***** Data records

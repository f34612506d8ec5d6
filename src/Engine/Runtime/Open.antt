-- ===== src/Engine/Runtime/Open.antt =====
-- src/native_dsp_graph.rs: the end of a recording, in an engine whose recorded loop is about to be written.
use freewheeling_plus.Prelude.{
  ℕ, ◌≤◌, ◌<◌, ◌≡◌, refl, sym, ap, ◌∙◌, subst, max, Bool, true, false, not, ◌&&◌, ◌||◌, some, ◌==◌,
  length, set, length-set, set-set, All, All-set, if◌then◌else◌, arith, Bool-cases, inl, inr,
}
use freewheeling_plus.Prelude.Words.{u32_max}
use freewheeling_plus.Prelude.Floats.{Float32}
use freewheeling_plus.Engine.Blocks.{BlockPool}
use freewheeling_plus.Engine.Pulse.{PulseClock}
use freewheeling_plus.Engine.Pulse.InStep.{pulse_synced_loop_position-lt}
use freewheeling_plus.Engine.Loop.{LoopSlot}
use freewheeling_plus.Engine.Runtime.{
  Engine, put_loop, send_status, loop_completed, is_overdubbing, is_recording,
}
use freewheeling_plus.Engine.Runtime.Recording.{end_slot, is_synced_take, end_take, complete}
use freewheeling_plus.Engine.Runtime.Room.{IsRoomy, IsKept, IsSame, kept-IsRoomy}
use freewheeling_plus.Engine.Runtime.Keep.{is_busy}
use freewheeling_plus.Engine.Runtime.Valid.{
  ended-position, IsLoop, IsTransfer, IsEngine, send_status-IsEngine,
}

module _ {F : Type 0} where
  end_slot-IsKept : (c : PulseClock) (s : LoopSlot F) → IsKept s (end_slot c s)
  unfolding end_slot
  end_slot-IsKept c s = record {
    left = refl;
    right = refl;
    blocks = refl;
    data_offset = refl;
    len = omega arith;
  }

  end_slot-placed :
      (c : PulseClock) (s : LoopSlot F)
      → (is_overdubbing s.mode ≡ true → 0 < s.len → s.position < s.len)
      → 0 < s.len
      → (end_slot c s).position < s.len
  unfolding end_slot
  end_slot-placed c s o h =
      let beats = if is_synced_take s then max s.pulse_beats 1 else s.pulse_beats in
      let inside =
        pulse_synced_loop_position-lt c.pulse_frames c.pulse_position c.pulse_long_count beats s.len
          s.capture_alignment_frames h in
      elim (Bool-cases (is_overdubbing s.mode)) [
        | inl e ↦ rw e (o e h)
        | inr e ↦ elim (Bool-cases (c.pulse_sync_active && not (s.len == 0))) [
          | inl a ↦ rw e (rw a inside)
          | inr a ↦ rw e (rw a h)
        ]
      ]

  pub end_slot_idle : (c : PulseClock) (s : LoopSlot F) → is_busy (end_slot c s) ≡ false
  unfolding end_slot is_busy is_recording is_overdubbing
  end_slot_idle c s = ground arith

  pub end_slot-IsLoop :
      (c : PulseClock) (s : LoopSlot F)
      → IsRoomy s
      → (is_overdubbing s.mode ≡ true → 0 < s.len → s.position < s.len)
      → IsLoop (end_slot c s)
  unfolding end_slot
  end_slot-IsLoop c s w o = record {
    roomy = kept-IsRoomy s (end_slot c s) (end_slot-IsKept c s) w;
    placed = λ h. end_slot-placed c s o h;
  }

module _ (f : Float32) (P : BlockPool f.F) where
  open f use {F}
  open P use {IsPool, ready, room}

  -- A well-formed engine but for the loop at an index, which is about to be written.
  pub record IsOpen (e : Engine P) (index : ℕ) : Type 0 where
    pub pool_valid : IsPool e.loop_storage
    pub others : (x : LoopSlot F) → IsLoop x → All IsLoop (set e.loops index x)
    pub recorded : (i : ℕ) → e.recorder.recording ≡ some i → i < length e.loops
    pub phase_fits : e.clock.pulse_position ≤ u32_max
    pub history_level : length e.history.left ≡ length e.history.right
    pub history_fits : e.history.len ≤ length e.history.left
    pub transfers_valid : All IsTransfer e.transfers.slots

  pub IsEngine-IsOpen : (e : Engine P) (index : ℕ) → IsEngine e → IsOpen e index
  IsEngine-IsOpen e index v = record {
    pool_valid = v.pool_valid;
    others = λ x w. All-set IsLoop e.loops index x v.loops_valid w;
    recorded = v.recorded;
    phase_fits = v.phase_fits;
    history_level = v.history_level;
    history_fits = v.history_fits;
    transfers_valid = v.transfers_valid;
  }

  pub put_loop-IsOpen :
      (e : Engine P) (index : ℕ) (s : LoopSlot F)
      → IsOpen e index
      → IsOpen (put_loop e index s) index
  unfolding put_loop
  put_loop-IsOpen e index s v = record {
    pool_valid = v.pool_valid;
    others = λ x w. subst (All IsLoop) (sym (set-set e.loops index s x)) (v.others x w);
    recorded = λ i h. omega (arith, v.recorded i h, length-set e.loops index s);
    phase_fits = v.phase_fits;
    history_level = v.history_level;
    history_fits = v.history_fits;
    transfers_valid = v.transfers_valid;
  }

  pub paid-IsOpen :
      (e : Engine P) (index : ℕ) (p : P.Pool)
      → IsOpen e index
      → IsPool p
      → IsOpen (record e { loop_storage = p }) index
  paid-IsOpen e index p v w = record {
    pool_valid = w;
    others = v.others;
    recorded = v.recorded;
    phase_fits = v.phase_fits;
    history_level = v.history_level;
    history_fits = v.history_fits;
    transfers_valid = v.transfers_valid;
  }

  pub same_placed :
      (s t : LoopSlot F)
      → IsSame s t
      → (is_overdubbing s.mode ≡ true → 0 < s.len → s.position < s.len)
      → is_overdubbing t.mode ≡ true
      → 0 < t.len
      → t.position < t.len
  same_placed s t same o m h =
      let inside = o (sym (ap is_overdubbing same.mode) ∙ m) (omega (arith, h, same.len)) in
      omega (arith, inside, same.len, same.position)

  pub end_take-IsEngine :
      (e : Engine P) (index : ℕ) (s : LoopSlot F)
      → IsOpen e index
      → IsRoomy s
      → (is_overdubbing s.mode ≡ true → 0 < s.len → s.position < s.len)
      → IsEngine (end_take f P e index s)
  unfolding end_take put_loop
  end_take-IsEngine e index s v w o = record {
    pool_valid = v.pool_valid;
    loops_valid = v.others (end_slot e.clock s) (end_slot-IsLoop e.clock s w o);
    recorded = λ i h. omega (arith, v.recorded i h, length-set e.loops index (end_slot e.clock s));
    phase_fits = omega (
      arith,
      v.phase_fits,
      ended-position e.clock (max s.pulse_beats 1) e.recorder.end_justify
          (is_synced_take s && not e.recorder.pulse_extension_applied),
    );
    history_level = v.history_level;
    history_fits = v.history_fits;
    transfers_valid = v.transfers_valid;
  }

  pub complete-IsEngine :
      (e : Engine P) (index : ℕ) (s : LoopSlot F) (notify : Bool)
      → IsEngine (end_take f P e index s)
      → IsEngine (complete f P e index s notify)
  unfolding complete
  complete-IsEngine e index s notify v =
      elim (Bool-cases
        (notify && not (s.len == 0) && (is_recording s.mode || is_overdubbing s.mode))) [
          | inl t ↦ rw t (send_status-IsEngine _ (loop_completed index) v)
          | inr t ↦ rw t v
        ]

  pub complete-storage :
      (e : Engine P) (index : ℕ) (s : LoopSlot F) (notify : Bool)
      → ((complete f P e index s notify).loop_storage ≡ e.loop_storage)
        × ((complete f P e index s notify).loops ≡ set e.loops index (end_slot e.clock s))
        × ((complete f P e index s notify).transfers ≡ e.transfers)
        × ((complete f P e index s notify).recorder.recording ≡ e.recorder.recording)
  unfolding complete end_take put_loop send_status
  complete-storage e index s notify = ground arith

**********

When you respond, give the whole listing again exactly as written.

repository f34612506d8ec5d6
filename src/Engine/Runtime/Open.antt
-- ===== src/Engine/Runtime/Open.antt =====
-- src/native_dsp_graph.rs: the end of a recording, in an engine whose recorded loop is about to be written.
use freewheeling_plus.Prelude.{
  ℕ, ◌≤◌, ◌<◌, ◌≡◌, refl, sym, ap, ◌∙◌, subst, max, Bool, true, false, not, ◌&&◌, ◌||◌, some, ◌==◌,
  length, set, length-set, set-set, All, All-set, if◌then◌else◌, arith, Bool-cases, inl, inr,
}
use freewheeling_plus.Prelude.Words.{u32_max}
use freewheeling_plus.Prelude.Floats.{Float32}
use freewheeling_plus.Engine.Blocks.{BlockPool}
use freewheeling_plus.Engine.Pulse.{PulseClock}
use freewheeling_plus.Engine.Pulse.InStep.{pulse_synced_loop_position-lt}
use freewheeling_plus.Engine.Loop.{LoopSlot}
use freewheeling_plus.Engine.Runtime.{
  Engine, put_loop, send_status, loop_completed, is_overdubbing, is_recording,
}
use freewheeling_plus.Engine.Runtime.Recording.{end_slot, is_synced_take, end_take, complete}
use freewheeling_plus.Engine.Runtime.Room.{IsRoomy, IsKept, IsSame, kept-IsRoomy}
use freewheeling_plus.Engine.Runtime.Keep.{is_busy}
use freewheeling_plus.Engine.Runtime.Valid.{
  ended-position, IsLoop, IsTransfer, IsEngine, send_status-IsEngine,
}

module _ {F : Type 0} where
  end_slot-IsKept : (c : PulseClock) (s : LoopSlot F) → IsKept s (end_slot c s)
  unfolding end_slot
  end_slot-IsKept c s = record {
    left = refl;
    right = refl;
    blocks = refl;
    data_offset = refl;
    len = omega arith;
  }

  end_slot-placed :
      (c : PulseClock) (s : LoopSlot F)
      → (is_overdubbing s.mode ≡ true → 0 < s.len → s.position < s.len)
      → 0 < s.len
      → (end_slot c s).position < s.len
  unfolding end_slot
  end_slot-placed c s o h =
      let beats = if is_synced_take s then max s.pulse_beats 1 else s.pulse_beats in
      let inside =
        pulse_synced_loop_position-lt c.pulse_frames c.pulse_position c.pulse_long_count beats s.len
          s.capture_alignment_frames h in
      elim (Bool-cases (is_overdubbing s.mode)) [
        | inl e ↦ rw e (o e h)
        | inr e ↦ elim (Bool-cases (c.pulse_sync_active && not (s.len == 0))) [
          | inl a ↦ rw e (rw a inside)
          | inr a ↦ rw e (rw a h)
        ]
      ]

  pub end_slot_idle : (c : PulseClock) (s : LoopSlot F) → is_busy (end_slot c s) ≡ false
  unfolding end_slot is_busy is_recording is_overdubbing
  end_slot_idle c s = ground arith

  pub end_slot-IsLoop :
      (c : PulseClock) (s : LoopSlot F)
      → IsRoomy s
      → (is_overdubbing s.mode ≡ true → 0 < s.len → s.position < s.len)
      → IsLoop (end_slot c s)
  unfolding end_slot
  end_slot-IsLoop c s w o = record {
    roomy = kept-IsRoomy s (end_slot c s) (end_slot-IsKept c s) w;
    placed = λ h. end_slot-placed c s o h;
  }

module _ (f : Float32) (P : BlockPool f.F) where
  open f use {F}
  open P use {IsPool, ready, room}

  -- A well-formed engine but for the loop at an index, which is about to be written.
  pub record IsOpen (e : Engine P) (index : ℕ) : Type 0 where
    pub pool_valid : IsPool e.loop_storage
    pub others : (x : LoopSlot F) → IsLoop x → All IsLoop (set e.loops index x)
    pub recorded : (i : ℕ) → e.recorder.recording ≡ some i → i < length e.loops
    pub phase_fits : e.clock.pulse_position ≤ u32_max
    pub history_level : length e.history.left ≡ length e.history.right
    pub history_fits : e.history.len ≤ length e.history.left
    pub transfers_valid : All IsTransfer e.transfers.slots

  pub IsEngine-IsOpen : (e : Engine P) (index : ℕ) → IsEngine e → IsOpen e index
  IsEngine-IsOpen e index v = record {
    pool_valid = v.pool_valid;
    others = λ x w. All-set IsLoop e.loops index x v.loops_valid w;
    recorded = v.recorded;
    phase_fits = v.phase_fits;
    history_level = v.history_level;
    history_fits = v.history_fits;
    transfers_valid = v.transfers_valid;
  }

  pub put_loop-IsOpen :
      (e : Engine P) (index : ℕ) (s : LoopSlot F)
      → IsOpen e index
      → IsOpen (put_loop e index s) index
  unfolding put_loop
  put_loop-IsOpen e index s v = record {
    pool_valid = v.pool_valid;
    others = λ x w. subst (All IsLoop) (sym (set-set e.loops index s x)) (v.others x w);
    recorded = λ i h. omega (arith, v.recorded i h, length-set e.loops index s);
    phase_fits = v.phase_fits;
    history_level = v.history_level;
    history_fits = v.history_fits;
    transfers_valid = v.transfers_valid;
  }

  pub paid-IsOpen :
      (e : Engine P) (index : ℕ) (p : P.Pool)
      → IsOpen e index
      → IsPool p
      → IsOpen (record e { loop_storage = p }) index
  paid-IsOpen e index p v w = record {
    pool_valid = w;
    others = v.others;
    recorded = v.recorded;
    phase_fits = v.phase_fits;
    history_level = v.history_level;
    history_fits = v.history_fits;
    transfers_valid = v.transfers_valid;
  }

  pub same_placed :
      (s t : LoopSlot F)
      → IsSame s t
      → (is_overdubbing s.mode ≡ true → 0 < s.len → s.position < s.len)
      → is_overdubbing t.mode ≡ true
      → 0 < t.len
      → t.position < t.len
  same_placed s t same o m h =
      let inside = o (sym (ap is_overdubbing same.mode) ∙ m) (omega (arith, h, same.len)) in
      omega (arith, inside, same.len, same.position)

  pub end_take-IsEngine :
      (e : Engine P) (index : ℕ) (s : LoopSlot F)
      → IsOpen e index
      → IsRoomy s
      → (is_overdubbing s.mode ≡ true → 0 < s.len → s.position < s.len)
      → IsEngine (end_take f P e index s)
  unfolding end_take put_loop
  end_take-IsEngine e index s v w o = record {
    pool_valid = v.pool_valid;
    loops_valid = v.others (end_slot e.clock s) (end_slot-IsLoop e.clock s w o);
    recorded = λ i h. omega (arith, v.recorded i h, length-set e.loops index (end_slot e.clock s));
    phase_fits = omega (
      arith,
      v.phase_fits,
      ended-position e.clock (max s.pulse_beats 1) e.recorder.end_justify
          (is_synced_take s && not e.recorder.pulse_extension_applied),
    );
    history_level = v.history_level;
    history_fits = v.history_fits;
    transfers_valid = v.transfers_valid;
  }

  pub complete-IsEngine :
      (e : Engine P) (index : ℕ) (s : LoopSlot F) (notify : Bool)
      → IsEngine (end_take f P e index s)
      → IsEngine (complete f P e index s notify)
  unfolding complete
  complete-IsEngine e index s notify v =
      elim (Bool-cases
        (notify && not (s.len == 0) && (is_recording s.mode || is_overdubbing s.mode))) [
          | inl t ↦ rw t (send_status-IsEngine _ (loop_completed index) v)
          | inr t ↦ rw t v
        ]

  pub complete-storage :
      (e : Engine P) (index : ℕ) (s : LoopSlot F) (notify : Bool)
      → ((complete f P e index s notify).loop_storage ≡ e.loop_storage)
        × ((complete f P e index s notify).loops ≡ set e.loops index (end_slot e.clock s))
        × ((complete f P e index s notify).transfers ≡ e.transfers)
        × ((complete f P e index s notify).recorder.recording ≡ e.recorder.recording)
  unfolding complete end_take put_loop send_status
  complete-storage e index s notify = ground arith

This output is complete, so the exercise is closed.